Крестьянская война привела к разделу обширной территории европейской части страны на две зоны: в одной по-прежнему заправляла царская администрация, в другой вся полнота власти была в руках восставших. Оба эти региона очень трудно географически разграничить, поскольку обстановка чуть ли не каждодневно менялась, населенные пункты переходили из рук в руки. Почти весь уезд мог находиться в руках повстанцев, а его центр и отдельные города оставались за правительством. Бывало и наоборот. В общей сложности на разных отрезках крестьянской войны разинцы контролировали свыше 50 городов, некоторые из них, как Царицын, Астрахань, были очагами восстания более года, другие, подобно Пензе, Саранску, Темникову и др. — от осени до зимы, третьи — в их числе Алатырь, Козьмодемьянск и прочие — не больше месяца. Раздавленное в одном месте, восстание подымалось в другом. И все же к концу 1670 года в ходе затяжного классового единоборства произошел перелом в пользу правительственных сил. В декабре царские войска заняли Пензу. Жестокий бой, закончившийся поражением разинцев, разгорелся в районе Алатыря, под селом Тургеневом. «Они воры, — гласит воеводское донесение, — обоз и пехоту построя, и рогатками обметався, и конные их полки стали у их пехоты, и пушки постановили около обозу и около конных полков, и… ратные люди начали на них наступать, пехота на пехоту, а конные на конных, и учинился бой большой; побили воров наголову, пехоту их многую посекли и живых воров на том бою много, и… их велели всех казнить смертью». В последних числах января 1671 года восстание в Тамбовско-Пензенском районе, потопленное в крови, было подавлено.

Силы повстанцев были на исходе. Многие из них полегли на полях сражений, многие попали в плен к карателям. Немало было и таких, которые после разгрома своего отряда разуверились в движении и, считая дальнейшую борьбу бессмысленной, разошлись по домам.

Государевы войска захватывали местность за местностью, уезд за уездом. Один за другим под ударами правительственных ратей пали города, где долго держалась разинская вольница. Последними оплотами восстания стали Царицын и Астрахань. В Астрахани среди представителей повстанческой власти уже не было Василия Уса. Славный атаман умер от тяжелой болезни (предположительно — конского сапа), и основную роль в руководстве городом играл его товарищ и сподвижник Федор Шелудяк.
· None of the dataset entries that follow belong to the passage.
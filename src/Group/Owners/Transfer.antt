-- ===== src/Group/Owners/Transfer.antt =====
-- Transfers by the owner keep the soundness of what is stored.
use root_open_im_server.Base.{
  ℕ, String, true, false, [], ◌∷◌, some, str_eq, ◌≡◌, ◌≢◌, sym, ◌∙◌, arith, inl, inr, eq_iff,
  Bool-cases, Option-cases, str_eq_refl,
}
use root_open_im_server.Base.Result.{ok, Result-cases}
use root_open_im_server.Common.Access.{is_app_manager_uid}
use root_open_im_server.Common.Constants.{group_owner}
use root_open_im_server.Group.Tables.{GroupMemberModel, View, Tables, IsTables, change_member}
use root_open_im_server.Group.Store.{find_group_members, role_change}
use root_open_im_server.Group.Store.Outcomes.{transfer_group_owner-Tries}
use root_open_im_server.Group.Store.Found.{found_member}
use root_open_im_server.Group.Calls.{Env}
use root_open_im_server.Group.Owners.{IsSound, is_owner}
use root_open_im_server.Group.Owners.Kept.{guarded_keeps, write_keeps}
use root_open_im_server.Group.Members.{member_of}
use root_open_im_server.Group.Admin.{TransferReq, check_transfer, transfer_owner}
use mathlib.Core.Path.{subst}

abbrev transferred : (g old_owner new_owner : String) → ℕ → View → View
transferred g old_owner new_owner level v =
    change_member g new_owner (role_change group_owner)
      (change_member g old_owner (role_change level) v)

module _ (g old_owner new_owner : String) (m x : GroupMemberModel) (v : View) (sound : IsSound v)
    (differ : old_owner ≢ new_owner) (old_found : v.member g old_owner ≡ some m)
    (new_found : v.member g new_owner ≡ some x) (owns : m.role_level ≡ group_owner) where
  new_is_no_owner : is_owner (v.member g new_owner) ≡ false
  new_is_no_owner = elim (Bool-cases (is_owner (v.member g new_owner))) [
    | inr other ↦ other
    | inl owner ↦ absurd (differ (sound.one_owner g old_owner new_owner (ground arith) owner))
  ]

  transferred_owner :
      (a : String)
      → is_owner ((transferred g old_owner new_owner x.role_level v).member g a) ≡ true
      → a ≡ new_owner
  transferred_owner a h = elim (Bool-cases (str_eq new_owner a)) [
    | inl new ↦ ground (arith, eq_iff new_owner a)
    | inr other ↦ elim (Bool-cases (str_eq old_owner a)) [
      | inl old ↦ absurd (ground (arith, eq_iff old_owner a, new_is_no_owner, str_eq_refl g))
      | inr another ↦
          let same : old_owner ≡ a =
            sound.one_owner g old_owner a (ground arith) (ground (arith, str_eq_refl g)) in
          absurd (ground (arith, eq_iff old_owner a))
    ]
  ]

  -- After a transfer from the owner, the new owner is the only one.
  transferred-IsSound : IsSound (transferred g old_owner new_owner x.role_level v)
  transferred-IsSound = record {
    one_owner = λ h a b ha hb. elim (Bool-cases (str_eq g h)) [
      | inl here ↦
          let only : (c : String)
              → is_owner ((transferred g old_owner new_owner x.role_level v).member h c) ≡ true
              → c ≡ new_owner =
            λ c owner. transferred_owner c (
              subst
                (λ k.
                  is_owner ((transferred g old_owner new_owner x.role_level v).member k c) ≡ true)
                (sym ((eq_iff g h).0 here)) owner) in
          only a ha ∙ sym (only b hb)
      | inr there ↦ sound.one_owner h a b (ground arith) (ground arith)
    ];
    in_groups = λ h u absent. ground (arith, sound.in_groups h u absent);
  }

module _ (t : Tables) (laws : IsTables t) (env : Env) (s : t.State) where
  -- What a transfer by somebody who is no manager was checked for.
  pub transfer_checked :
      (req : TransferReq) (level : ℕ)
      → is_app_manager_uid env.actor ≡ false
      → check_transfer env t req s ≡ ok level
      → (m : GroupMemberModel) × (x : GroupMemberModel) × (req.old_owner_user_id
          ≢ req.new_owner_user_id)
        × ((t.view s).member req.group_id req.old_owner_user_id ≡ some m)
        × ((t.view s).member req.group_id req.new_owner_user_id ≡ some x)
        × (m.role_level ≡ group_owner)
        × (m.user_id ≡ env.actor.op_user_id)
        × (x.role_level ≡ level)
  unfolding check_transfer
  transfer_checked req level ordinary h =
      let us = req.old_owner_user_id ∷ req.new_owner_user_id ∷ [] in
      elim (Result-cases (find_group_members t req.group_id us s)) [
        | inr (e, failed) ↦ absurd (ground arith)
        | inl (ms, found) ↦ elim (Option-cases (member_of req.old_owner_user_id ms)) [
          | inl none_old ↦ absurd (ground arith)
          | inr (m, old_listed) ↦ elim (Option-cases (member_of req.new_owner_user_id ms)) [
            | inl none_new ↦ absurd (ground arith)
            | inr (x, new_listed) ↦
                let (old_found, old_group, old_user) =
                  found_member t laws s req.group_id us ms req.old_owner_user_id m found
                    old_listed in
                let (new_found, new_group, new_user) =
                  found_member t laws s req.group_id us ms req.new_owner_user_id x found
                    new_listed in
                (
                  m,
                  x,
                  ground (arith, eq_iff req.old_owner_user_id req.new_owner_user_id),
                  old_found,
                  new_found,
                  ground arith,
                  ground (arith, eq_iff env.actor.op_user_id m.user_id),
                  ground arith,
                )
          ]
        ]
      ]

  pub transfer_owner-IsSound :
      (req : TransferReq)
      → IsSound (t.view s)
      → is_app_manager_uid env.actor ≡ false
      → IsSound (t.view (transfer_owner env t req s).0)
  unfolding transfer_owner
  transfer_owner-IsSound req sound ordinary =
      guarded_keeps (λ s'. IsSound (t.view s')) _ s _ sound
        (λ level checked.
          let (m, x, differ, old_found, new_found, owns, caller, same) =
            transfer_checked req level ordinary checked in
          write_keeps t laws IsSound env s _ (transfer_group_owner-Tries t laws _ _ _ level) sound (
            subst
              (λ l.
                IsSound (
                  transferred req.group_id req.old_owner_user_id req.new_owner_user_id l
                    (t.view s)))
              same
              (transferred-IsSound req.group_id req.old_owner_user_id req.new_owner_user_id m x
                (t.view s) sound differ old_found new_found owns)))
Оправившийся от ран Разин вынашивал планы начать новый поход и очень рассчитывал как на опорные пункты движения на Царицын и в особенности на Астрахань. Но события на Дону помешали повстанческому атаману осуществить свои намерения. 14 апреля 1671 года Кагальницкий городок, где находился Разин с несколькими сотнями казаков, был атакован многотысячным отрядом «домовитых» донцов во главе с К. Яковлевым. Они подожгли деревянные стены Кагальника, проникли в городок и захватили в плен отчаянно отбивавшегося Разина. Позднее в их руки попал и брат Степана Фрол. Ценой выдачи братьев Разиных казацкая старшина надеялась купить себе прощение за прежнее потворство грозному атаману, за то, что изрядно поживилась от его щедрот. Монаршья милость по отношению к Яковлеву и другим «добрым» донцам превзошла их ожидания: они не только были прощены, но и получили в благодарность от «Тишайшего» 100 золотых червонцев.
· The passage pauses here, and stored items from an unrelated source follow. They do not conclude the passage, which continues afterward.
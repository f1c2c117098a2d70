-- ===== src/Group/Owners/Run.antt =====
-- The soundness of what is stored holds through every sequence of requests.
use root_open_im_server.Base.{false, List, [], ◌∷◌, ◌≡◌}
use root_open_im_server.Base.Result.{Result, ok}
use root_open_im_server.Common.Errors.{Error}
use root_open_im_server.Common.Access.{is_app_manager_uid}
use root_open_im_server.Group.Tables.{Tables, IsTables}
use root_open_im_server.Group.Calls.{Env}
use root_open_im_server.Group.Serve.{
  Request, create, invite, join, respond, kick, quit, mute_member, cancel_mute_member, transfer,
  dissolve, mute, cancel_mute, set_info, set_members, serve, run,
}
use root_open_im_server.Group.SetMember.{SetMemberInfo}
use root_open_im_server.Group.Owners.{IsSound}
use root_open_im_server.Group.Owners.Kept.{KeepsRoles}
use root_open_im_server.Group.Owners.Joins.{
  invite_user_to_group-IsSound, join_group-IsSound, group_application_response-IsSound,
}
use root_open_im_server.Group.Owners.Changes.{
  kick_group_member-IsSound, quit_group-IsSound, mute_group_member-IsSound,
  cancel_mute_group_member-IsSound, mute_group-IsSound, cancel_mute_group-IsSound, dismiss-IsSound,
  set_group_info-IsSound,
}
use root_open_im_server.Group.Owners.Transfer.{transfer_owner-IsSound}
use root_open_im_server.Group.Owners.Members.{set_group_member_info-IsSound}
use root_open_im_server.Group.Owners.Create.{create_group_req-IsSound}

-- A callback before a change of a member leaves the role that was asked for.
abbrev pub LeavesRole : (SetMemberInfo → Result Error SetMemberInfo) → Type 0
LeavesRole callback = (m m' : SetMemberInfo) → callback m ≡ ok m' → m'.role_level ≡ m.role_level

-- The callbacks set no roles, and a group is not transferred by a manager.
abbrev pub IsCovered : Env → Request → Type 0
IsCovered env (create r) = KeepsRoles env
IsCovered env (invite r) = KeepsRoles env
IsCovered env (join r) = KeepsRoles env
IsCovered env (respond r) = KeepsRoles env
IsCovered env (kick r) = Unit
IsCovered env (quit g u) = Unit
IsCovered env (mute_member r) = Unit
IsCovered env (cancel_mute_member g u) = Unit
IsCovered env (transfer r) = is_app_manager_uid env.actor ≡ false
IsCovered env (dissolve g b) = Unit
IsCovered env (mute g) = Unit
IsCovered env (cancel_mute g) = Unit
IsCovered env (set_info r c) = Unit
IsCovered env (set_members ms c) = LeavesRole c

abbrev pub AreCovered : List (Env × Request) → Type 0
AreCovered [] = Unit
AreCovered ((env, r) ∷ rs) = IsCovered env r × AreCovered rs

module _ (t : Tables) (laws : IsTables t) where
  serve-IsSound :
      (env : Env) (r : Request) (s : t.State)
      → IsCovered env r
      → IsSound (t.view s)
      → IsSound (t.view (serve t env r s).0)
  unfolding serve
  serve-IsSound env (create r) s h sound = create_group_req-IsSound env t laws h s r sound
  serve-IsSound env (invite r) s h sound = invite_user_to_group-IsSound t laws env h s sound r
  serve-IsSound env (join r) s h sound = join_group-IsSound t laws env h s sound r
  serve-IsSound env (respond r) s h sound =
      group_application_response-IsSound t laws env h s sound r
  serve-IsSound env (kick r) s h sound = kick_group_member-IsSound t laws env s sound r
  serve-IsSound env (quit g u) s h sound = quit_group-IsSound t laws env s sound g u
  serve-IsSound env (mute_member r) s h sound = mute_group_member-IsSound t laws env s sound r
  serve-IsSound env (cancel_mute_member g u) s h sound =
      cancel_mute_group_member-IsSound t laws env s sound g u
  serve-IsSound env (transfer r) s h sound = transfer_owner-IsSound t laws env s r sound h
  serve-IsSound env (dissolve g b) s h sound = dismiss-IsSound t laws env s sound g b
  serve-IsSound env (mute g) s h sound = mute_group-IsSound t laws env s sound g
  serve-IsSound env (cancel_mute g) s h sound = cancel_mute_group-IsSound t laws env s sound g
  serve-IsSound env (set_info r c) s h sound = set_group_info-IsSound t laws env s sound c r
  serve-IsSound env (set_members ms c) s h sound =
      set_group_member_info-IsSound c h env t laws s ms sound

  -- Whatever requests are served, in any order, no group comes to have two owners, and only groups
  -- that exist have members, as long as the callbacks set no roles and no manager transfers a group.
  pub run-IsSound :
      (rs : List (Env × Request)) (s : t.State)
      → AreCovered rs
      → IsSound (t.view s)
      → IsSound (t.view (run t rs s))
  run-IsSound [] s h sound = sound
  run-IsSound ((env, r) ∷ rs) s (covered, h) sound =
      run-IsSound rs (serve t env r s).0 h (serve-IsSound env r s covered sound)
2 июня 1671 года Степана и Фрола под усиленным конвоем, в кандалах доставили в Москву. Ритуал ввоза пленников в столицу и порядок их следования по городу были заранее продуманы и обставлены так, чтобы унизить тех, кто еще недавно заставлял верхи общества переживать страх, растерянность и панический ужас. Англичанин Т. Хебдон, который, возможно, был очевидцем событий, в частном письме от 6 июня 1671 года писал: «Великий мятежник Разин был доставлен… таким образом: впереди шел конвой из 300 пеших солдат… Позади Разина тем же порядком шло почти то же число солдат… Окружал Разина отряд захвативших его казаков… А сам Разин на помосте под виселицей стоял с цепью вокруг шеи… От помоста тянулась еще одна цепь, которая охватывала шею его брата, шедшего в оковах пешком. Помост везли 3 лошади».

В застенках приказа Тайных дел, где обычно велось дознание по особо опасным государственным преступлениям, братьев Разиных допрашивали два дня, применяя жестокие пытки: били плетьми (каждый получал по 30 ударов), поднимали на дыбу, жгли раскаленным железом, лили по капле ледяную воду на их наголо обритые головы. Обоим задавали одни и те же вопросы, часть из них велел задать пленникам сам царь. Заплечных дел мастера в первую очередь силились выведать, где спрятана казна атамана и его бумаги — «прелестные» листы, переписка и т. д. Ни у Степана, ни у Фрола палачи так и не вырвали признания.

6 июня 1671 года Степан Разин при большом людском скоплении был казнен на Красной площади. Сказав по русскому обычаю «прости» и поклонившись на все четыре стороны народу, Разин мужественно принял страшную смерть — он был приговорен к четвертованию. Ему отсекли сначала правую руку, потом левую ногу у колена и лишь затем отрубили голову. По свидетельству иностранцев, которые по особому распоряжению были допущены к самому эшафоту, ибо, в отличие от ненадежных москвичей, власти не ждали от них никаких подвохов, повстанческий атаман «ни единым вздохом не обнаружил слабости духа».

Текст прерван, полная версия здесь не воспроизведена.